START Excerpted records

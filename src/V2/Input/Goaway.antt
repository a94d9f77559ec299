-- ===== src/V2/Input/Goaway.antt =====
-- source/v2/engine.cpp: a GOAWAY frame, as `encode_goaway_frame` writes it, arrives.
use stunning_waddle.Base.{
  ℕ, ◌+◌, ◌%◌, ◌^◌, ◌<◌, ◌≡◌, refl, sym, ap, ◌∙◌, true, [], ◌∷◌, ◌++◌, some, Bytes, length, arith,
  ltb, leb,
}
use stunning_waddle.Event.{goaway_of}
use stunning_waddle.Frame.{
  FrameHeader, goaway, make_header, write_frame_header, encode_goaway_frame, frame_type_of,
  frame_type_byte, word_bytes,
}
use stunning_waddle.Frame.Layout.{IsWire, header_bytes, write_frame_header-eq, word_of-word_bytes}
use stunning_waddle.FrameParser.Defs.{call_header, call_payload}
use stunning_waddle.FrameParser.OneFrame.{frame_end}
use stunning_waddle.V2.State.{Engine, queue_event}
use stunning_waddle.V2.Receive.{
  running, handle_frame_header, handle_payload_chunk, handle_goaway_payload, when_whole,
}
use stunning_waddle.V2.Input.{callbacks, header_callback, payload_callback, input_end}
use stunning_waddle.V2.Input.Session.{IsWaiting, parse-frame, input_end-parse}

abbrev goaway_header : ℕ → FrameHeader
goaway_header size = record {
  length_ = size;
  type = goaway;
  flags = 0;
  stream_id = 0;
  reserved = 0;
}

goaway-IsWire : (size : ℕ) → size < 2 ^ 24 → IsWire (goaway_header size)
unfolding frame_type_of frame_type_byte
goaway-IsWire size h = record {
  length_fits = h;
  type_named = refl;
  stream_fits = omega arith;
  reserved_zero = refl;
}

goaway_call :
    (e : Engine) (payload : Bytes)
    → 0 < length payload
    → let h = goaway_header (length payload) in
      call_payload callbacks h payload (call_header callbacks h (running e))
      ≡ (length payload, running (handle_goaway_payload e payload (length payload)))
unfolding call_header header_callback handle_frame_header call_payload payload_callback
    handle_payload_chunk when_whole
goaway_call e payload positive = rw (some_byte, call_payload) (rw whole refl)
  where
    some_byte : ltb 0 (length payload) ≡ true
    some_byte = ground arith

    whole : leb (length payload) (length payload) ≡ true
    whole = ground arith

abbrev goaway_payload : ℕ → ℕ → Bytes → Bytes
goaway_payload last code debug = word_bytes last ++ (word_bytes code ++ debug)

length-goaway_payload :
    (last code : ℕ) (debug : Bytes) → length (goaway_payload last code debug) ≡ 8 + length debug
unfolding word_bytes
length-goaway_payload last code debug = omega arith

abbrev told : Engine → ℕ → ℕ → Engine
told e last code = record e {
  goaway_received = true;
  last_goaway_stream_id = last;
  last_goaway_error_code = code;
  event_queue = e.event_queue ++ (goaway_of 0 (record { last_stream_id = last; ec = code }) ∷ []);
}

handle_goaway_payload-told :
    (e : Engine) (last code : ℕ) (debug : Bytes)
    → last < 2 ^ 31
    → code < 2 ^ 32
    → handle_goaway_payload e
        (goaway_payload last code debug)
        (length (goaway_payload last code debug))
      ≡ told e last code
unfolding handle_goaway_payload word_bytes queue_event
handle_goaway_payload-told e last code debug h k =
    ground (arith, word_of-word_bytes last (omega arith), word_of-word_bytes code k)

encode_goaway_frame-eq :
    (last code : ℕ) (debug : Bytes)
    → last < 2 ^ 31
    → 8 + length debug < 2 ^ 24
    → let payload = goaway_payload last code debug in
      encode_goaway_frame [] last code debug
      ≡ header_bytes (goaway_header (length payload)) ++ payload
unfolding encode_goaway_frame
encode_goaway_frame-eq last code debug h k =
    ap
      (λ n.
        write_frame_header [] (make_header (8 + length debug) goaway 0x00 0)
        ++ (word_bytes n ++ (word_bytes code ++ debug)))
      small
    ∙ ap (λ x. write_frame_header [] x ++ goaway_payload last code debug) same
    ∙ ap (λ d. d ++ goaway_payload last code debug)
        (write_frame_header-eq [] (goaway_header (length (goaway_payload last code debug))))
  where
    small : last % 2 ^ 31 ≡ last
    small = omega arith

    same :
        make_header (8 + length debug) goaway 0x00 0
        ≡ goaway_header (length (goaway_payload last code debug))
    same = unfold make_header in ground (arith, length-goaway_payload last code debug)

-- The peer goes away. A GOAWAY frame that `encode_goaway_frame` wrote, given whole to an engine that
-- waits for a frame, brings one `goaway` event with the last stream and the error code that were
-- written, which the engine keeps; the debug data is dropped, and nothing else changes.
pub input_end-encode_goaway_frame :
    (s : Engine) (last code : ℕ) (debug : Bytes)
    → IsWaiting s
    → last < 2 ^ 31
    → code < 2 ^ 32
    → 8 + length debug < 2 ^ 24
    → (s' : Engine) × (input_end s (encode_goaway_frame [] last code debug) ≡ some (running s'))
      × (s' ≡ record s {
        goaway_received = true;
        last_goaway_stream_id = last;
        last_goaway_error_code = code;
        event_queue =
            s.event_queue ++ (goaway_of 0 (record { last_stream_id = last; ec = code }) ∷ []);
        parser = s'.parser;
      })
      × IsWaiting s'
input_end-encode_goaway_frame s last code debug w h k size =
    let payload = goaway_payload last code debug in
    let header = goaway_header (length payload) in
    let s1 : Engine = record s { input_buffer = header_bytes header ++ payload } in
    let long = length-goaway_payload last code debug in
    (
      record (told s1 last code) { parser = frame_end s.parser header; input_buffer = [] },
      ap (λ b. input_end s b) (encode_goaway_frame-eq last code debug h size)
          ∙ input_end-parse s _ _ w.open_ w.drained
          ∙ parse-frame s1 (told s1 last code) header payload w.idle
              (goaway-IsWire (length payload) (omega arith)) refl (omega arith)
              (goaway_call s1 payload (omega arith)
                ∙ ap (λ e. (length payload, running e))
                    (handle_goaway_payload-told s1 last code debug h k)),
      ap (λ b. record (told s last code) { parser = frame_end s.parser header; input_buffer = b })
          (sym w.drained),
      record { open_ = w.open_; idle = record { awaits = refl; fresh = refl }; drained = refl },
    )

END Excerpted records

With the first line being the one containing "(s : Engine)" and the last line the one containing "s.event_queue ++ (goaway_of", transcribe exactly the lines above that fall in that range.

▶ **Output for this task**
    (s : Engine) (last code : ℕ) (debug : Bytes)
    → IsWaiting s
    → last < 2 ^ 31
    → code < 2 ^ 32
    → 8 + length debug < 2 ^ 24
    → (s' : Engine) × (input_end s (encode_goaway_frame [] last code debug) ≡ some (running s'))
      × (s' ≡ record s {
        goaway_received = true;
        last_goaway_stream_id = last;
        last_goaway_error_code = code;
        event_queue =
            s.event_queue ++ (goaway_of 0 (record { last_stream_id = last; ec = code }) ∷ []);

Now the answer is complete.